March 2017

National Happy Service | From Roy Lilley

Roy Lilley has written down what so many of us talk about so often. Enjoy, and be good to hear your thoughts.

This is what he has shared today (1st March)


You have to be watching like a hawk.

Slowly the last vestiges of Andrew Lansley’s potty ideas are being airbrushed away.

The Trust Development Authority… remember them?  Swallowed up by Monitor. Monitor?  Where have they gone?

CCGs, merging and federating and getting ever closer to what PCTs used to look like.

The Department of Health, supposedly working, arms length, via an annual list of things-to-do, called The Mandate, is all-over-everything on an hourly basis; blind political panic.

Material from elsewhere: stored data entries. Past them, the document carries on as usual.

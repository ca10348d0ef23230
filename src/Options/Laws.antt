-- ===== src/Options/Laws.antt =====
-- zfl.c: command lines that are written out are read back.
use zfl.Base.{
  ℕ, false, ◌==◌, arith, zero, suc, Bool, ◌≡◌, refl, ap, ◌∙◌, true, some, List, [], ◌∷◌, ◌>>=◌,
  Bytes, codes,
}
use zfl.Common.Payload.{has_prefix}
use zfl.Options.{
  Start, usage, start_server, start_client, ServerOptions, ClientOptions, server_flag, client_flag,
  server_loop, client_loop, checked_server, checked_client, no_server_options, no_client_options,
  run, main,
}

pub data ServerSetting : Type 0 where
  rounds_of : Bytes → ServerSetting
  clients_of : Bytes → ServerSetting
  with_loss : ServerSetting

pub data ClientSetting : Type 0 where
  epochs_of : Bytes → ClientSetting
  number_of : Bytes → ClientSetting
  batch_of : Bytes → ClientSetting

abbrev pub server_args : List ServerSetting → List Bytes
server_args [] = []
server_args (rounds_of val ∷ settings) = codes "-r" ∷ val ∷ server_args settings
server_args (clients_of val ∷ settings) = codes "-c" ∷ val ∷ server_args settings
server_args (with_loss ∷ settings) = codes "--loss" ∷ server_args settings

abbrev pub client_args : List ClientSetting → List Bytes
client_args [] = []
client_args (epochs_of val ∷ settings) = codes "-e" ∷ val ∷ client_args settings
client_args (number_of val ∷ settings) = codes "-c" ∷ val ∷ client_args settings
client_args (batch_of val ∷ settings) = codes "-b" ∷ val ∷ client_args settings

-- What is started with these numbers: the usage where one of them is 0.
abbrev pub server_start : ℕ → ℕ → Bool → Start
server_start zero clients loss = usage
server_start (suc rounds) zero loss = usage
server_start (suc rounds) (suc clients) loss =
    start_server
      (record { num_rounds = suc rounds; clients_per_round = suc clients; emulate_loss = loss })

abbrev pub client_start : ℕ → ℕ → ℕ → Start
client_start zero epochs batch = usage
client_start (suc clients) zero batch = usage
client_start (suc clients) (suc epochs) zero = usage
client_start (suc clients) (suc epochs) (suc batch) =
    start_client (record { num_clients = suc clients; epochs = suc epochs; batch_size = suc batch })

positive : (n : ℕ) → (suc n == 0) ≡ false
positive n = ground arith

checked_server_lem :
    (rounds clients : ℕ) (loss : Bool)
    → checked_server
        (record { num_rounds = rounds; clients_per_round = clients; emulate_loss = loss })
      ≡ server_start rounds clients loss
checked_server_lem zero clients loss = refl
checked_server_lem (suc rounds) zero loss = rw (positive rounds) refl
checked_server_lem (suc rounds) (suc clients) loss = rw (positive rounds, positive clients) refl

checked_client_lem :
    (clients epochs batch : ℕ)
    → checked_client (record { num_clients = clients; epochs = epochs; batch_size = batch })
      ≡ client_start clients epochs batch
checked_client_lem zero epochs batch = refl
checked_client_lem (suc clients) zero batch = rw (positive clients) refl
checked_client_lem (suc clients) (suc epochs) zero = rw (positive clients, positive epochs) refl
checked_client_lem (suc clients) (suc epochs) (suc batch) =
    rw (positive clients, positive epochs, positive batch) refl

module _ (atoi : Bytes → ℕ) where
  abbrev pub server_set : ServerOptions → List ServerSetting → ServerOptions
  server_set o [] = o
  server_set o (rounds_of val ∷ settings) = server_set (record o { num_rounds = atoi val }) settings
  server_set o (clients_of val ∷ settings) =
      server_set (record o { clients_per_round = atoi val }) settings
  server_set o (with_loss ∷ settings) = server_set (record o { emulate_loss = true }) settings

  abbrev pub client_set : ClientOptions → List ClientSetting → ClientOptions
  client_set o [] = o
  client_set o (epochs_of val ∷ settings) = client_set (record o { epochs = atoi val }) settings
  client_set o (number_of val ∷ settings) =
      client_set (record o { num_clients = atoi val }) settings
  client_set o (batch_of val ∷ settings) = client_set (record o { batch_size = atoi val }) settings

  loss_first :
      (o : ServerOptions) (args : List Bytes)
      → server_loop atoi o (codes "--loss" ∷ args)
        ≡ server_loop atoi (record o { emulate_loss = true }) args
  unfolding server_loop server_flag has_prefix
  loss_first o [] = refl
  loss_first o (val ∷ args) = refl

  server_loop-server_args :
      (o : ServerOptions) (settings : List ServerSetting)
      → server_loop atoi o (server_args settings) ≡ some (server_set o settings)
  unfolding server_loop server_flag has_prefix
  server_loop-server_args o [] = refl
  server_loop-server_args o (rounds_of val ∷ settings) =
      server_loop-server_args (record o { num_rounds = atoi val }) settings
  server_loop-server_args o (clients_of val ∷ settings) =
      server_loop-server_args (record o { clients_per_round = atoi val }) settings
  server_loop-server_args o (with_loss ∷ settings) =
      loss_first o (server_args settings)
      ∙ server_loop-server_args (record o { emulate_loss = true }) settings

  client_loop-client_args :
      (o : ClientOptions) (settings : List ClientSetting)
      → client_loop atoi o (client_args settings) ≡ some (client_set o settings)
  unfolding client_loop client_flag has_prefix
  client_loop-client_args o [] = refl
  client_loop-client_args o (epochs_of val ∷ settings) =
      client_loop-client_args (record o { epochs = atoi val }) settings
  client_loop-client_args o (number_of val ∷ settings) =
      client_loop-client_args (record o { num_clients = atoi val }) settings
  client_loop-client_args o (batch_of val ∷ settings) =
      client_loop-client_args (record o { batch_size = atoi val }) settings

  main-checked_server :
      (program : Bytes) (setting : ServerSetting) (settings : List ServerSetting)
      → main atoi (program ∷ codes "server" ∷ server_args (setting ∷ settings))
        ≡ some (checked_server (server_set no_server_options (setting ∷ settings)))
  unfolding main run has_prefix
  main-checked_server program (rounds_of val) settings =
      ap (λ o. o >>= λ o'. some (checked_server o'))
        (server_loop-server_args no_server_options (rounds_of val ∷ settings))
  main-checked_server program (clients_of val) settings =
      ap (λ o. o >>= λ o'. some (checked_server o'))
        (server_loop-server_args no_server_options (clients_of val ∷ settings))
  main-checked_server program with_loss settings =
      ap (λ o. o >>= λ o'. some (checked_server o'))
        (server_loop-server_args no_server_options (with_loss ∷ settings))

  -- A command line that starts the server, with at least one setting, starts it with these settings:
  -- in any order and any number, each value through `atoi`, even one that looks like a flag, and the
  -- last of a flag counts. Where the number of rounds or of clients is left at 0, it shows the usage.
  pub main-server_args :
      (program : Bytes) (setting : ServerSetting) (settings : List ServerSetting)
      → main atoi (program ∷ codes "server" ∷ server_args (setting ∷ settings))
        ≡ some (
            server_start
              (server_set no_server_options (setting ∷ settings)).num_rounds
              (server_set no_server_options (setting ∷ settings)).clients_per_round
              (server_set no_server_options (setting ∷ settings)).emulate_loss)
  main-server_args program setting settings =
      main-checked_server program setting settings ∙ ap some (checked_server_lem _ _ _)

  main-checked_client :
      (program : Bytes) (setting : ClientSetting) (settings : List ClientSetting)
      → main atoi (program ∷ codes "client" ∷ client_args (setting ∷ settings))
        ≡ some (checked_client (client_set no_client_options (setting ∷ settings)))
  unfolding main run has_prefix
  main-checked_client program (epochs_of val) settings =
      ap (λ o. o >>= λ o'. some (checked_client o'))
        (client_loop-client_args no_client_options (epochs_of val ∷ settings))
  main-checked_client program (number_of val) settings =
      ap (λ o. o >>= λ o'. some (checked_client o'))
        (client_loop-client_args no_client_options (number_of val ∷ settings))
  main-checked_client program (batch_of val) settings =
      ap (λ o. o >>= λ o'. some (checked_client o'))
        (client_loop-client_args no_client_options (batch_of val ∷ settings))

  -- A command line that starts the clients, with at least one setting, starts them with these
  -- settings, the last of a flag counting. Where the number of clients, of epochs or the batch size is
  -- left at 0, it shows the usage.
  pub main-client_args :
      (program : Bytes) (setting : ClientSetting) (settings : List ClientSetting)
      → main atoi (program ∷ codes "client" ∷ client_args (setting ∷ settings))
        ≡ some (
            client_start
              (client_set no_client_options (setting ∷ settings)).num_clients
              (client_set no_client_options (setting ∷ settings)).epochs
              (client_set no_client_options (setting ∷ settings)).batch_size)
  main-client_args program setting settings =
      main-checked_client program setting settings ∙ ap some (checked_client_lem _ _ _)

Why is this happening?  Because Lansley’s cuckoo idea that you could run the NHS with no one in charge, ‘distributed leadership’ and CCGs the size of a bridge club… doesn’t work.

Getting back to something like a head-office, a regional office a district office and the local front-line made sense in 1948 and it still makes sense today.

The absence of a strategic hand to pull things together, a muddle of regulators and a tangled front-line was never going to work.

Slowly the NHS is getting back into a workable shape.

The next moves are well under way but unless you are a student of the House of Common’s select committee system you won’t know.  Indeed if you are a student and a close observer of the Health Select Committee you still won’t know.

Tarzan saved the announcement of his next changes for the Public Accounts Committee.  Good move.  He knows where the power really is.  The Treasury.

The STPs, some looking rather battered, will be shaping the future.  They’re to be called ‘transformation areas’ and are mapping out the future landscape.  Far from remaining a coalition of the willing, they are to have ‘governance rights’.  As near as damn it; strategic health authorities.

They are to have teeth, some money and a boss.

If you want more proof, Tarzan told the PAC; STPs are to ‘marshal’ CCGs and NHSE regional teams.

‘Marshal’ to do what?  Expect around a quarter of the STPs to morph into accountable care organisations.  ACOs; vertically integrated care systems working on a population based, captitated budget… without a commissioner in sight.

We used to call ACOs ‘district health authorities’.

CCGs will have a diminishing influence and a good thing to.  Few of them can claim any success.  They created a costly undergrowth that needs digging up and dumping on the compost heap of NHS ideas that didn’t work.

GPs can get back to being GPs.

In an era of austerity, uncertainty and demand outstripping supply there are few who won’t welcome these sensible and long overdue moves, back to reality and common sense.

What is even more interesting; no MP was troubled in the making of the new NHS.  No parliamentary time.  I doubt if few MPs will have any idea what is going on.

If only Andrew Lansley had resisted the lure of legislation and simply taken the pre-2010 NHS, cut the number of PCTs by half, introduced a management cost-cap and put more docs in the driving seat, his ideas might be alive to tell the tale.

He can’t say he wasn’t told.  He can’t say the NHS didn’t collectively beg him to give up with the H&SCAct.  The Prime Minister almost lost his nerve and ordered a pause.  The streets were full of protesters, social media full of abuse and the unions and Royal Colleges (apart from the surgeons) all spoke with a single voice; ‘don’t do it’.

But he did and now it is quietly unpicked.  I doubt there will be few tears.

A silently as a cat-burglar and with the quiet menace of a submarine slipping along-side, the H&SCAct is being hollowed out and for the first time since 1990 the NHS is set to become a purchaser-free zone.

The trick will be to create the new NHS ‘slim-line’.  There is a fortune to be saved by putting an end to the costly, annual ritual of tendering.

The Five Year Forward View, now only 200-odd weeks left, is starting to look jaded.  It is due for a refresh in a couple of weeks time.  I’m hoping for radical, bold, innovative and smart.

These stealth moves are clever, thoughtful; the antithesis of Lansley.

Now let’s sort out targets, the destructive, pointless CQC and see if we can get back to the National Happy Service.